TRY IT: Go to the line containing "add_words [] accum = (accum, [])" in the records below and print it and every following line exactly, on through the line containing "add_chunks (suc fuel)", then stop.
╭─ EXERCISE DATA
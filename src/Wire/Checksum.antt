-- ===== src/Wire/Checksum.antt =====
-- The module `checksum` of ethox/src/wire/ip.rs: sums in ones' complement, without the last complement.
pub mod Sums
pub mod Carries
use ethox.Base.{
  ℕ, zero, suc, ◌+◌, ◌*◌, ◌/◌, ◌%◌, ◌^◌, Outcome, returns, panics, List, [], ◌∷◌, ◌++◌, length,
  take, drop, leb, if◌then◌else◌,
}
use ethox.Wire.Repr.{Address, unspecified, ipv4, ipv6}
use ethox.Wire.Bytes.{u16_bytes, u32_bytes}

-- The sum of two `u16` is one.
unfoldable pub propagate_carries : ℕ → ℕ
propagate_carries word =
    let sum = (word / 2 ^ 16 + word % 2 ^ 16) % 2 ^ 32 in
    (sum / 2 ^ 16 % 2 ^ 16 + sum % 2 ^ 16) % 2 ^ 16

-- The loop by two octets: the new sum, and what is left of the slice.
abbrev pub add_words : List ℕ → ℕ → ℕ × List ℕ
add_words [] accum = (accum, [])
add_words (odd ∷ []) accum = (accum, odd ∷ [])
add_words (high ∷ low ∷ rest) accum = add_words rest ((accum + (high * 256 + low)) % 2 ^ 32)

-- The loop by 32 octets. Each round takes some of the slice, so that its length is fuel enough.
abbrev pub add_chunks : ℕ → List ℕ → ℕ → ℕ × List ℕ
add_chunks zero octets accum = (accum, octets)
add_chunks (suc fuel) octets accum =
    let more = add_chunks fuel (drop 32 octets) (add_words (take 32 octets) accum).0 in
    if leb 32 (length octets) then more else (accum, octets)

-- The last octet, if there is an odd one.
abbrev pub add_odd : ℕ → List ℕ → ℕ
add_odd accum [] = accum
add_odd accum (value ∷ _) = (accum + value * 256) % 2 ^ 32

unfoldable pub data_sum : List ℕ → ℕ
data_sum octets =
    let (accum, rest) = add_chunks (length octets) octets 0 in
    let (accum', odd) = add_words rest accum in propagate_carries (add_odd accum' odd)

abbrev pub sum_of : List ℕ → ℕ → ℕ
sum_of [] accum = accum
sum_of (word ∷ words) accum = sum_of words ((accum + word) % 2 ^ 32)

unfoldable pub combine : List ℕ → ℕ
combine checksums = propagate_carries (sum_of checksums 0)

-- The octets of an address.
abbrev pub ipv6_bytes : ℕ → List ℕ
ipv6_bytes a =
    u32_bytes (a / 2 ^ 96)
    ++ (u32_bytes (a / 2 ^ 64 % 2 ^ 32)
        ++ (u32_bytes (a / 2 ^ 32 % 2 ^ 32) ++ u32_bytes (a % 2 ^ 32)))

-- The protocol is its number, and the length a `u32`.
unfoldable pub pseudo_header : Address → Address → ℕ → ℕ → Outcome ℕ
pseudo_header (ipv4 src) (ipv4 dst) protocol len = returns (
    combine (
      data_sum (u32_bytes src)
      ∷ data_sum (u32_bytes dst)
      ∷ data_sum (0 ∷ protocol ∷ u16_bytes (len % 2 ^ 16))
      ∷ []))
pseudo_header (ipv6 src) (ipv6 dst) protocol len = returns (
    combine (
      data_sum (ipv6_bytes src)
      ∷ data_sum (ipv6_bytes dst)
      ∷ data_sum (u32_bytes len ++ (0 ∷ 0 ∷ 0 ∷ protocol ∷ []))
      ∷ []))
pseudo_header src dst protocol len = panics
╰─
╭─ EXERCISE DATA
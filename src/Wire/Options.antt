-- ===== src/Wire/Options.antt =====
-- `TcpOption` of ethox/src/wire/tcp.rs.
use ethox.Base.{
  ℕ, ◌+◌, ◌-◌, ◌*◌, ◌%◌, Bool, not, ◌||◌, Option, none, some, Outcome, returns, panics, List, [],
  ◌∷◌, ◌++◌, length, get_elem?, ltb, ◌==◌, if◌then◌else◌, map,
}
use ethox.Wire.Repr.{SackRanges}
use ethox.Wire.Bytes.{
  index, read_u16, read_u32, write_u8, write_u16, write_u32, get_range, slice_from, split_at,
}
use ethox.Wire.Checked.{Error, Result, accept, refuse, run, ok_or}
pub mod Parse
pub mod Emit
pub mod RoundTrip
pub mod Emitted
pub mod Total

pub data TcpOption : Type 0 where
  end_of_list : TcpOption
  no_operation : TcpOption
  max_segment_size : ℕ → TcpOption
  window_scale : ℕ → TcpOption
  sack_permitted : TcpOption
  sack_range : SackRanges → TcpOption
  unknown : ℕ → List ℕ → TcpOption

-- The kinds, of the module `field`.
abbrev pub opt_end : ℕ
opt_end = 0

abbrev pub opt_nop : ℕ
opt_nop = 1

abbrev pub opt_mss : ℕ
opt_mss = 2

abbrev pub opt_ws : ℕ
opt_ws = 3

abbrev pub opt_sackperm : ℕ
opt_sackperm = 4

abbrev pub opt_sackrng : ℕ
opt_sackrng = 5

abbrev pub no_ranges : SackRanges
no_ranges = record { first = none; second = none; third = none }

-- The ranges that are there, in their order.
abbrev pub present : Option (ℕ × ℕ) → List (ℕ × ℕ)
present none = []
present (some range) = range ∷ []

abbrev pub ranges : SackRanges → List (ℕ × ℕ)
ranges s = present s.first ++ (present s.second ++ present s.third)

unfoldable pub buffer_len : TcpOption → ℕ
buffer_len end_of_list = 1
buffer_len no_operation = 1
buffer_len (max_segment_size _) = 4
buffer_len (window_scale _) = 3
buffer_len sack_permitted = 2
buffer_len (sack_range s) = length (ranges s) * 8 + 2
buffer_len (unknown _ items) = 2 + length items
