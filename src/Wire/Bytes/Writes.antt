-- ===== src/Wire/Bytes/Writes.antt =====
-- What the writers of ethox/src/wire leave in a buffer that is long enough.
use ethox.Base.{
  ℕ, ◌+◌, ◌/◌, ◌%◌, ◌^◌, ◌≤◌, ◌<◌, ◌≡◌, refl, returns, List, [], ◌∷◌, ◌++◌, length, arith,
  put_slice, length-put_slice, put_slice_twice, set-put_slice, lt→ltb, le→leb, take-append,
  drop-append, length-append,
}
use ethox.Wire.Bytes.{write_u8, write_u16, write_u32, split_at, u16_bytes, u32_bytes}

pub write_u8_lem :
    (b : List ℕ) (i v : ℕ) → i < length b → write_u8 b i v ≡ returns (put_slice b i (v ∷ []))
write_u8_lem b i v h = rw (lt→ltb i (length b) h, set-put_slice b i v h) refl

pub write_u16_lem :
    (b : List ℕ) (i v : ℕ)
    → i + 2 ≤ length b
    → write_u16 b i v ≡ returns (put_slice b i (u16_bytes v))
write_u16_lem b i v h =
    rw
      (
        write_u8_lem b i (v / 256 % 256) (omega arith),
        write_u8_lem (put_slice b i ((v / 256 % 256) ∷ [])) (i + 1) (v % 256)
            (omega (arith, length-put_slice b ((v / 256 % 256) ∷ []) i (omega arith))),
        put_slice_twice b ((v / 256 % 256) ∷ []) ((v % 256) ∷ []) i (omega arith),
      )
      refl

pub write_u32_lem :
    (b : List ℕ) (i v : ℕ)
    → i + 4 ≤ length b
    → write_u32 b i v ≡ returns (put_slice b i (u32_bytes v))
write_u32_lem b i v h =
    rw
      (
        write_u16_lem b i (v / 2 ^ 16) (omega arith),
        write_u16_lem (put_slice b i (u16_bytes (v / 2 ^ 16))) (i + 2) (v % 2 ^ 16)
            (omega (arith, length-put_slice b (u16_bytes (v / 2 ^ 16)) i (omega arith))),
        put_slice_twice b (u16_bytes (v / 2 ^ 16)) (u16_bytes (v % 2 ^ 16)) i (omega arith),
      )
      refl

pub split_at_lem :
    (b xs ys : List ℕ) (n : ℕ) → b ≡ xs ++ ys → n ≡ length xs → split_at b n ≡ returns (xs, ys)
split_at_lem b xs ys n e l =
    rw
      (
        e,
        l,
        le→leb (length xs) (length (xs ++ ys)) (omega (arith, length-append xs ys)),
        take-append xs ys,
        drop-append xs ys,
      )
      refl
╰─
ANSWER BELOW:
add_words [] accum = (accum, [])
add_words (odd ∷ []) accum = (accum, odd ∷ [])
add_words (high ∷ low ∷ rest) accum = add_words rest ((accum + (high * 256 + low)) % 2 ^ 32)

-- The loop by 32 octets. Each round takes some of the slice, so that its length is fuel enough.
abbrev pub add_chunks : ℕ → List ℕ → ℕ → ℕ × List ℕ
add_chunks zero octets accum = (accum, octets)
add_chunks (suc fuel) octets accum =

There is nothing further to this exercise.